- Born: 17 November 1903
- Died: 20 December 1986 (aged 83) Salzburg, Austria
- Engineering career
- Discipline: Aerospace engineering

= Ferdinand Brandner =

Austrian aerospace designer & SS officer (1903-1986)

Ferdinand Brandner (17 November 1903 – 20 December 1986) was an Austrian aerospace designer and an SS Standartenführer in Nazi Germany. While interned in the Soviet Union under Operation Osoaviakhim following World War II, he played a major role in designing the Kuznetsov NK-12, the most powerful turboprop engine ever built.

==Life==
Brandner was born 17 November 1903 to Sudeten German parents in Vienna, his father being a low-ranking government official. He served in the Freikorps Oberland in 1921, and went on to study in Vienna, earning a degree in engineering in 1925. He began designing diesel engines for locomotives, working at the Humboldt-Deutz-Motoren AG in the Rhineland.
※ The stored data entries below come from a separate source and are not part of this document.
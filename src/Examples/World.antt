-- ===== src/Examples/World.antt =====
-- Watchdogs of src/main.py, and cycles in which TeslaMate runs and then its container stops.
use teslamate_watchdog.Shared.{[], ℕ, ◌+◌, true, false, none, some, ◌∷◌}
use teslamate_watchdog.HttpCheck.{chunk, end, got}
use teslamate_watchdog.StateMachine
use teslamate_watchdog.StateMachine.{starting, healthy, teslamate_unreachable, Transition}
use teslamate_watchdog.RestartManager.{seconds, HistoryFile, Manager}
use teslamate_watchdog.DockerClient.{Proxy, responded}
use teslamate_watchdog.MqttClient.{new_mqtt}
use teslamate_watchdog.LogClassifier.{Classifier, new_classifier}
use teslamate_watchdog.Recovery.{World, Progress, Outside, Times, waiting_after_restart}
use teslamate_watchdog.Watchdog.{Watchdog, Cycle, check_once, build_watchdog}
use teslamate_watchdog.Examples.Data.{config, python, is_sign_in, proxy, proxy_with}

abbrev pub classifier : Classifier
classifier = new_classifier [] []

abbrev pub times : ℕ → Times
times t = record {
  guard = seconds t;
  captured = seconds t;
  recorded = seconds (t + 5);
  counted = seconds (t + 5);
  monotonic = seconds t;
}

abbrev pub outside : ℕ → Proxy → Outside
outside t p = record {
  times = times t;
  logs_proxy = p;
  incident = none;
  proxy = p;
  writable = true;
}

-- a cycle at a time, with the web interface up, and with what the proxy says
abbrev pub cycle_at : ℕ → Proxy → Proxy → Cycle
cycle_at t seen p = record {
  http = got (record { status_code = 200; location = none; body = chunk (79 ∷ []) end });
  elapsed_ms = 12;
  checked_at = "now";
  read_at = seconds t;
  status_proxy = seen;
  database_proxy = p;
  logs_proxy = p;
  logs_at = seconds t;
  database_connection = none;
  auth_connection = none;
  outside = outside t p;
  failure_iso = "now";
  check_iso = "now";
}

abbrev pub down : Proxy
down = proxy_with false (some "healthy") (responded 204 "")

abbrev pub first_cycle : Cycle
first_cycle = cycle_at 1000 proxy proxy

-- the container is stopped, while the database is healthy
abbrev pub second_cycle : Cycle
second_cycle = cycle_at 1060 down proxy

abbrev pub new_manager : Manager
new_manager = record { history = []; file = HistoryFile.not_found }

abbrev pub at_first : Watchdog
at_first = build_watchdog new_manager new_mqtt

abbrev pub after_first : Watchdog
after_first = check_once python is_sign_in classifier config first_cycle at_first

abbrev pub after_second : Watchdog
after_second = check_once python is_sign_in classifier config second_cycle after_first

-- a watchdog that has found the database healthy twice
abbrev pub ready_watchdog : Watchdog
ready_watchdog = record at_first { database_healthy_streak = 2 }

abbrev pub progress : Progress
progress = record {
  trigger_state = teslamate_unreachable;
  reason = "down";
  deadline = seconds 1185;
  healthy_streak = 0;
  failure_streak = 0;
}

-- in the middle of a recovery
abbrev pub busy_world : World
busy_world = record (build_watchdog new_manager new_mqtt).world {
  machine = StateMachine.new_machine StateMachine.recovering;
  progress = some progress;
  status = waiting_after_restart;
}

abbrev pub to_unreachable : Transition
to_unreachable = record {
  previous = starting;
  current = teslamate_unreachable;
  reason = "teslamate container is not running";
}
In 1930 Brandner joined the National Socialist Factory Organization and the Technical Engineers Division of the NSDAP, becoming an engineering consultant to the Austrian NSDAP in 1935. He would rise within the SS to the rank of Standartenführer.

By 1936 Brandner was working at the Junkers-Motorenbau factory in Dessau designing aircraft engines, and eventually assisted with the war effort for Germany.
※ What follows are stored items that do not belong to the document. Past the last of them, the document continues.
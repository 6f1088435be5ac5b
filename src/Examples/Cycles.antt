-- ===== src/Examples/Cycles.antt =====
-- Cycles of the watchdog of src/main.py: TeslaMate runs, then its container stops and the watchdog
-- restarts it; and a logout that goes on.
use teslamate_watchdog.Shared.{
  [], List, map, All, length, String, ◌++◌, ℕ, ◌≡◌, refl, false, some, ◌∷◌,
}
use teslamate_watchdog.HttpCheck
use teslamate_watchdog.HttpCheck.{end, got}
use teslamate_watchdog.StateMachine
use teslamate_watchdog.DockerClient
use teslamate_watchdog.StateMachine.{logged_out, teslamate_unreachable}
use teslamate_watchdog.DockerClient.{
  get_json, is_named, resolve_from, resolve, to_ref, to_status, status,
}
use teslamate_watchdog.DockerClient.Database.{check_database, running_database}
use teslamate_watchdog.MqttClient.{new_mqtt}
use teslamate_watchdog.Recovery.{active}
use teslamate_watchdog.Watchdog.{
  Watchdog, Cycle, observe, publish_status, react, run, build_watchdog,
}
use teslamate_watchdog.Watchdog.Safety.{attempt, Effects, react-Effects}
use teslamate_watchdog.MqttClient.Retained.{state_message}
use teslamate_watchdog.Watchdog.Topics.{IsSaid, publish_status-keeps}
use teslamate_watchdog.Watchdog.Retry.{run-Persists}
use teslamate_watchdog.Examples.Data.{good, config, python, is_sign_in, stopped, proxy}
use teslamate_watchdog.Examples.World.{
  classifier, cycle_at, first_cycle, second_cycle, new_manager, at_first, ready_watchdog,
}

react-Effects_example :
    Effects python is_sign_in classifier config second_cycle
      (attempt python is_sign_in classifier config second_cycle stopped ready_watchdog)
      ready_watchdog
      (react python is_sign_in classifier config second_cycle stopped ready_watchdog)
unfolding build_watchdog
react-Effects_example =
    react-Effects python is_sign_in classifier config second_cycle stopped ready_watchdog refl

-- A logout that is confirmed already goes on; Tesla's host can be reached.
abbrev logout_cycle : ℕ → Cycle
logout_cycle t = record (cycle_at t proxy proxy) {
  http = got (record { status_code = 302; location = some "/sign_in"; body = end });
}

abbrev logged_out_watchdog : Watchdog
logged_out_watchdog = record ready_watchdog {
  world = record (build_watchdog new_manager new_mqtt).world {
    machine = StateMachine.new_machine logged_out;
  };
}

run-Persists_example :
    let d =
      run python is_sign_in classifier config logged_out_watchdog
        (logout_cycle 2060 ∷ logout_cycle 2000 ∷ []) in
    (d.world.posted ≡ logged_out_watchdog.world.posted)
    × (d.world.restarts ≡ new_manager)
    × (active d.world ≡ false)
    × (d.world.machine.state ≡ logged_out)
unfolding build_watchdog StateMachine.new_machine StateMachine.evaluate observe HttpCheck.check
    HttpCheck.classify get_json is_named resolve_from resolve to_ref to_status status check_database
    running_database
run-Persists_example =
    run-Persists python is_sign_in classifier config logged_out logged_out_watchdog
      (logout_cycle 2060 ∷ logout_cycle 2000 ∷ []) refl refl (refl, (refl, tt))

publish_status-keeps_example :
    (said : List (String × String)) × ((publish_status python is_sign_in classifier config
        first_cycle good at_first).mqtt.published
      ≡ at_first.mqtt.published ++ map (state_message config) said)
    × All (IsSaid python is_sign_in classifier config) said
    × (length said ≡ 11)
publish_status-keeps_example =
    publish_status-keeps python is_sign_in classifier config first_cycle good at_first (λ t e. cc e)
      (λ e. cc e)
In the spring of 1945, Brandner was captured by the Soviet Red Army trying to flee to Prague near the end of World War II. He was flown to Moscow as part of Operation Osoaviakhim, where he was assigned to work with Nikolai Dmitriyevich Kuznetsov. Eventually the Soviets dismantled the Junkers factory in Dessau and the BMW factory in Stassfurt, moving them to Kuibyshev in the Soviet Union.

Longing to escape communism, he was released from the Soviet Union in 1953, where he returned to Austria. He began working at Maschinenfabrik Andritz AG as the technical director. From there he became managing director at BMW Aircraft Engines.

In 1959, Brandner left Europe for Egypt, where the government was recruiting German World War II scientists for their top-secret aerospace program. His project was codenamed "135", with the duty of designing a jet engine for a fighter already constructed. In 1962, the presence of German scientists in Egypt was exposed in the world press, leading to a regional crisis from Israel to Germany.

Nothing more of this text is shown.